To do: Only lines holding the string "belong" are wanted; copy each one from the material.

Record extracts:
################
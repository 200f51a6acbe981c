-- ===== src/Url.antt =====
-- modules/rong_url: `URLSearchParams` and the part of `URL` that shares its query with one. The
-- parent has the state and the operations; the children what holds of them.
pub mod Set
pub mod Sort
pub mod Sync
mod Tests
use rong.Base.{
  ℕ, zero, suc, ◌+◌, ◌%◌, ◌^◌, Bool, true, false, not, ◌&&◌, ◌||◌, Option, none, some, List, [],
  ◌∷◌, ◌++◌, map, if◌then◌else◌, ◌==◌, nat_eq, list_eq, ltb, length, retain, any,
}
use rong.Text.{Text, is_empty, strip_prefix}

abbrev pub Pairs : Type 0
Pairs = List (Text × Text)

-- What the `url` crate offers: the pairs of a URL's query, setting the query, a query in the form
-- encoding, and reading one.
pub record UrlCrate (U : Type 0) : Type 0 where
  pub query_pairs : U → Pairs
  pub set_query : Option Text → U → U
  pub serialize : Pairs → Text
  pub parse : Text → Pairs

-- `shared_data` is whether the parameters belong to a URL, which is passed beside them.
pub record UrlSearchParams : Type 0 where
  pub params : Pairs
  pub shared_data : Bool

-- `inner` is the URL that both share; `search_params` the parameters that were asked for first.
pub record Url (U : Type 0) : Type 0 where
  pub inner : U
  pub search_params : Option UrlSearchParams

abbrev named : Text → Text × Text → Bool
named name pair = pair.0 == name

abbrev first_value : Pairs → Option Text
first_value [] = none
first_value ((k, v) ∷ pairs) = some v

pub get : Text → Pairs → Option Text
get name pairs = first_value (retain (named name) pairs)

pub get_all : Text → Pairs → List Text
get_all name pairs = map (λ pair. pair.1) (retain (named name) pairs)

pub has : Text → Pairs → Bool
has name pairs = any (named name) pairs

-- `len() as u32`.
pub size : Pairs → ℕ
size pairs = length pairs % 2 ^ 32

pub keys : Pairs → List Text
keys pairs = map (λ pair. pair.0) pairs

pub values : Pairs → List Text
values pairs = map (λ pair. pair.1) pairs

pub append_pair : Text → Text → Pairs → Pairs
append_pair name value pairs = pairs ++ (name, value) ∷ []

pub delete_name : Text → Pairs → Pairs
delete_name name pairs = retain (λ pair. not (named name pair)) pairs

unfoldable pub pair_at : ℕ → Pairs → Option (Text × Text)
pair_at i [] = none
pair_at zero (pair ∷ pairs) = some pair
pair_at (suc i) (pair ∷ pairs) = pair_at i pairs

-- `params[i].1 = value`.
unfoldable pub replace_at : ℕ → Text → Pairs → Pairs
replace_at i value [] = []
replace_at zero value ((k, v) ∷ pairs) = (k, value) ∷ pairs
replace_at (suc i) value (pair ∷ pairs) = pair ∷ replace_at i value pairs

-- `params.remove(i)`.
unfoldable pub remove_at : ℕ → Pairs → Pairs
remove_at i [] = []
remove_at zero (pair ∷ pairs) = pairs
remove_at (suc i) (pair ∷ pairs) = pair ∷ remove_at i pairs

-- The variables of the loop of `set`.
pub record Cursor : Type 0 where
  pub i : ℕ
  pub found : Bool
  pub params : Pairs

abbrev pub advance : Text → Text → Text → Cursor → Cursor
advance name value key c =
    if key == name
    then (if not c.found
        then record { i = c.i + 1; found = true; params = replace_at c.i value c.params }
        else record c { params = remove_at c.i c.params })
    else record c { i = c.i + 1 }

-- `while i < params.len()`, on fuel: `none` when the fuel is spent before the loop has ended.
unfoldable pub set_loop : ℕ → Text → Text → Cursor → Option Cursor
set_loop zero name value c = none
set_loop (suc fuel) name value c = elim (pair_at c.i c.params) [
  | none ↦ some c
  | some pair ↦ set_loop fuel name value (advance name value pair.0 c)
]

-- The fuel of `set`: a round for each pair, and one for the end.
abbrev pub set_from_start : Text → Text → Pairs → Option Cursor
set_from_start name value pairs =
    set_loop (length pairs + 1) name value (record { i = 0; found = false; params = pairs })

abbrev pub set_rest : Text → Text → Pairs → Option Cursor → Pairs
set_rest name value pairs none = pairs
set_rest name value pairs (some c) =
    if not c.found then c.params ++ (name, value) ∷ [] else c.params

pub set_pair : Text → Text → Pairs → Pairs
set_pair name value pairs = set_rest name value pairs (set_from_start name value pairs)

-- `String`'s order: code points are ordered as their UTF-8 bytes are.
abbrev pub lt_text : Text → Text → Bool
lt_text [] [] = false
lt_text [] (d ∷ t) = true
lt_text (c ∷ s) [] = false
lt_text (c ∷ s) (d ∷ t) = ltb c d || ((c == d) && lt_text s t)

-- A stable sort by name, as `sort_by` is.
unfoldable pub place : Text × Text → Pairs → Pairs
place pair [] = pair ∷ []
place pair (other ∷ pairs) =
    if lt_text other.0 pair.0 then other ∷ place pair pairs else pair ∷ other ∷ pairs

unfoldable pub sort_pairs : Pairs → Pairs
sort_pairs [] = []
sort_pairs (pair ∷ pairs) = place pair (sort_pairs pairs)

abbrev query_of : Text → Option Text
query_of s = if is_empty s then none else some s

module _ {U : Type 0} (crate : UrlCrate U) where
  pub to_string : Pairs → Text
  to_string [] = []
  to_string (pair ∷ pairs) = crate.serialize (pair ∷ pairs)

  abbrev pub from_query : Text → Pairs
  from_query query = if is_empty query then [] else crate.parse query

  -- `new URLSearchParams(query)`.
  pub new_from_string : Text → UrlSearchParams
  new_from_string query = record {
    params = from_query (strip_prefix b'?' query);
    shared_data = false;
  }

  pub from_shared_data : U → UrlSearchParams
  from_shared_data url = record { params = crate.query_pairs url; shared_data = true }

  abbrev pub sync_shared : Bool → Pairs → U → U
  sync_shared false pairs url = url
  sync_shared true pairs url = crate.set_query (query_of (to_string pairs)) url

  -- An operation that changes the parameters, and then the URL that they belong to.
  abbrev pub changed : (Pairs → Pairs) → UrlSearchParams → U → UrlSearchParams × U
  changed f p url = (record p { params = f p.params }, sync_shared p.shared_data (f p.params) url)

  pub append : Text → Text → UrlSearchParams → U → UrlSearchParams × U
  unfolding append_pair to_string
  append name value p url = changed (append_pair name value) p url

  pub delete : Text → UrlSearchParams → U → UrlSearchParams × U
  unfolding delete_name to_string
  delete name p url = changed (delete_name name) p url

  pub set : Text → Text → UrlSearchParams → U → UrlSearchParams × U
  unfolding set_pair to_string
  set name value p url = changed (set_pair name value) p url

  pub sort : UrlSearchParams → U → UrlSearchParams × U
  unfolding sort_pairs to_string
  sort p url = changed sort_pairs p url

  abbrev pub params_or : Option UrlSearchParams → U → UrlSearchParams
  params_or none url = from_shared_data url
  params_or (some p) url = p

  -- The getter `searchParams`: a clone of the parameters that were asked for first.
  pub search_params : Url U → UrlSearchParams × Url U
  unfolding from_shared_data
  search_params url =
      let p = params_or url.search_params url.inner in (p, record url { search_params = some p })

  -- The setter `search`.
  pub set_search : Text → Url U → Url U
  set_search value url = record {
    inner = crate.set_query (query_of (strip_prefix b'?' value)) url.inner;
    search_params = none;
  }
################
Answer:
-- `shared_data` is whether the parameters belong to a URL, which is passed beside them.
  -- An operation that changes the parameters, and then the URL that they belong to.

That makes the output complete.